Troubleshooting Worker Crashing Issues

Last updated: November 7, 2024

Issue: Worker Crashing During Run

When a private worker crashes in Spacelift, it’s often due to insufficient memory to handle the stack being processed. This article provides guidance on how to diagnose and resolve worker crashes.

For Private Workers

If your private worker is crashing, the most common reason is memory exhaustion, especially with large or complex stacks.
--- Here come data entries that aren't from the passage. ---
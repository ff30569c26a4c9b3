-- ===== src/Collector/Caddy/Collect.antt =====
-- internal/collector/caddy.go: Collect. The answer of the endpoint and the clock are inputs; the
-- collector's mutex makes its calls a sequence.
use statlite.Result.{Result, ok, err}
use statlite.Float.{Float64}
use statlite.Time.{Time}
use statlite.Collector.Model.{CollectionResult, counter, error, add_sample, add_event}
use statlite.Bytes.{Bytes, bytes_eq, is_nil}
use statlite.Prometheus.{Limits, Format}
use statlite.Prometheus.Samples.{FloatText}
use statlite.Prometheus.Exposition.{Body, Parsed, ParseError, parse}
use statlite.Collector.Caddy.{
  CaddyTuple, CaddyPopulation, CaddyTotals, CaddyError, find_tuple, accept, totals,
}
use statlite.Prelude.{
  String, Bool, true, false, not, ◌&&◌, ◌||◌, Option, none, some, List, [], ◌∷◌, if◌then◌else◌,
}

-- What the collector remembers; `previous` is nil before the first success and after a failure.
pub record CaddyCollector (F : Type 0) : Type 0 where
  pub target_name : String
  pub endpoint : Bytes
  pub host : Bytes
  pub has_client : Bool
  pub previous : Option (List (Bytes × CaddyTuple F))
  pub server : Bytes

-- What a scrape comes to before its body is parsed: a failure of its own, or a body in a format.
pub data Response : Type 0 where
  unreachable : String → Response
  answered : Body → Format → Response

pub data CollectError : Type 0 where
  not_configured : CollectError
  scrape_failed : String → CollectError
  parse_failed : ParseError CaddyError → CollectError
  not_observed : CollectError
  population_invalid : CaddyError → CollectError

abbrev pub event_type : CollectError → String
event_type not_configured = "collector_not_configured"
event_type (scrape_failed _) = "metrics_fetch_failed"
event_type (parse_failed _) = "metrics_fetch_failed"
event_type not_observed = "caddy_http_not_observed"
event_type (population_invalid _) = "caddy_population_invalid"

module _ {F : Type 0} ⦃fl : Float64 F⦄ where
  abbrev pub empty_result : String → Time → Time → CollectionResult F
  empty_result name started finished = record {
    counter_continuity_break = false;
    target_name = name;
    metrics_source = "caddy";
    poll_started_at = started;
    poll_finished_at = finished;
    health_status = "";
    db_health_status = "";
    process_start_time = none;
    samples = [];
    events = [];
  }

  abbrev pub parsed_population :
      Parsed (CaddyPopulation F) CaddyError → Result CollectError (CaddyPopulation F)
  parsed_population p = elim p.error [ none ↦ ok p.state | some e ↦ err (parse_failed e) ]

  -- A tuple that is gone, or whose count or sum went down.
  abbrev pub has_dropped : CaddyTuple F → Option (CaddyTuple F) → Bool
  has_dropped old none = true
  has_dropped old (some current) = fl.flt current.count old.count || fl.flt current.sum old.sum

  unfoldable pub any_dropped : List (Bytes × CaddyTuple F) → List (Bytes × CaddyTuple F) → Bool
  any_dropped [] tuples = false
  any_dropped ((key, old) ∷ previous) tuples =
      has_dropped old (find_tuple key tuples) || any_dropped previous tuples

  abbrev pub is_break : CaddyCollector F → CaddyPopulation F → Bool
  is_break c p = elim c.previous [
    | none ↦ true
    | some previous ↦ not (bytes_eq c.server p.server) || any_dropped previous p.tuples
  ]

  unfoldable pub add_totals : CollectionResult F → CaddyTotals F → CollectionResult F
  add_totals r t =
      let r1 = add_sample r "http_requests_total" counter t.requests "requests" in
      let r2 = add_sample r1 "http_404_total" counter t.not_found "requests" in
      let r3 = add_sample r2 "http_4xx_total" counter t.client_errors "requests" in
      let r4 = add_sample r3 "http_5xx_total" counter t.server_errors "requests" in
      add_sample r4 "http_request_time_total_seconds" counter t.duration "seconds"

  -- `fail`: the memory is cleared, and the error's text is an event.
  abbrev pub failed :
      (CollectError → String)
      → CaddyCollector F
      → CollectionResult F
      → CollectError
      → CaddyCollector F × CollectionResult F × Option CollectError
  failed text c r e = (
    record c { previous = none; server = [] },
    add_event r error (event_type e) "" (text e),
    some e,
  )

  abbrev pub is_configured : CaddyCollector F → Bool
  is_configured c = c.has_client && not (is_nil c.endpoint) && not (is_nil c.host)

  abbrev pub no_tuples : List (Bytes × CaddyTuple F) → Bool
  no_tuples [] = true
  no_tuples (_ ∷ _) = false

  -- The end of a scrape that found tuples.
  abbrev pub with_totals :
      (CollectError → String)
      → CaddyCollector F
      → CollectionResult F
      → CaddyPopulation F
      → Result CaddyError (CaddyTotals F)
      → CaddyCollector F × CollectionResult F × Option CollectError
  with_totals text c r p (err e) = failed text c r (population_invalid e)
  with_totals text c r p (ok t) = (
    record c { previous = some p.tuples; server = p.server },
    add_totals (record r { counter_continuity_break = is_break c p }) t,
    none,
  )

  abbrev pub with_population :
      (CollectError → String)
      → CaddyCollector F
      → CollectionResult F
      → Result CollectError (CaddyPopulation F)
      → CaddyCollector F × CollectionResult F × Option CollectError
  with_population text c r (err e) = failed text c r e
  with_population text c r (ok p) =
      if no_tuples p.tuples then failed text c r not_observed else with_totals text c r p (totals p)

module _ {F : Type 0} ⦃fl : Float64 F⦄ ⦃ft : FloatText F⦄ where
  -- The population of an answer.
  unfoldable pub scrape :
      (Bytes → Bytes) → Limits → Bytes → Response → Result CollectError (CaddyPopulation F)
  scrape quote limits host (unreachable message) = err (scrape_failed message)
  scrape quote limits host (answered body format) =
      parsed_population
        (parse (accept quote) (record { host = host; server = []; tuples = [] }) body format limits)

  unfoldable pub collect :
      (Bytes → Bytes)
      → (CollectError → String)
      → Limits
      → Time
      → Time
      → CaddyCollector F
      → Response
      → CaddyCollector F × CollectionResult F × Option CollectError
  collect quote text limits started finished c response =
      let r = empty_result c.target_name started finished in
      if not (is_configured c)
      then failed text c r not_configured
      else with_population text c r (scrape quote limits c.host response)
Steps to Diagnose and Resolve

  1. Monitor CPU and Memory Usage
    Check the CPU and memory usage of your EC2 instance (or equivalent infrastructure) to determine if resource limits are being exceeded. For large stacks, consider using a larger instance type with more memory and processing power.

  2. Enable Debug Logging for Terraform Stacks
    If you're using Terraform, set the environment variable TF_LOG=DEBUG to enable detailed logging. This can provide additional insights and clues about which processes are consuming memory.

    How to Set TF_LOG:

    • Go to your stack's environment tab

    • Add:

      • Name: TF_LOG

      • Value: DEBUG

For Public Workers

If you encounter crashing issues with a public worker, please reach out to the Spacelift support team. Be sure to provide your Run ID so they can assist you more effectively.

Summary

Worker crashes are commonly caused by memory limitations, especially on private workers handling large stacks. Monitoring resource usage and enabling TF_LOG=DEBUG can help identify the root cause. For public worker issues, contact Spacelift Support with the relevant run information.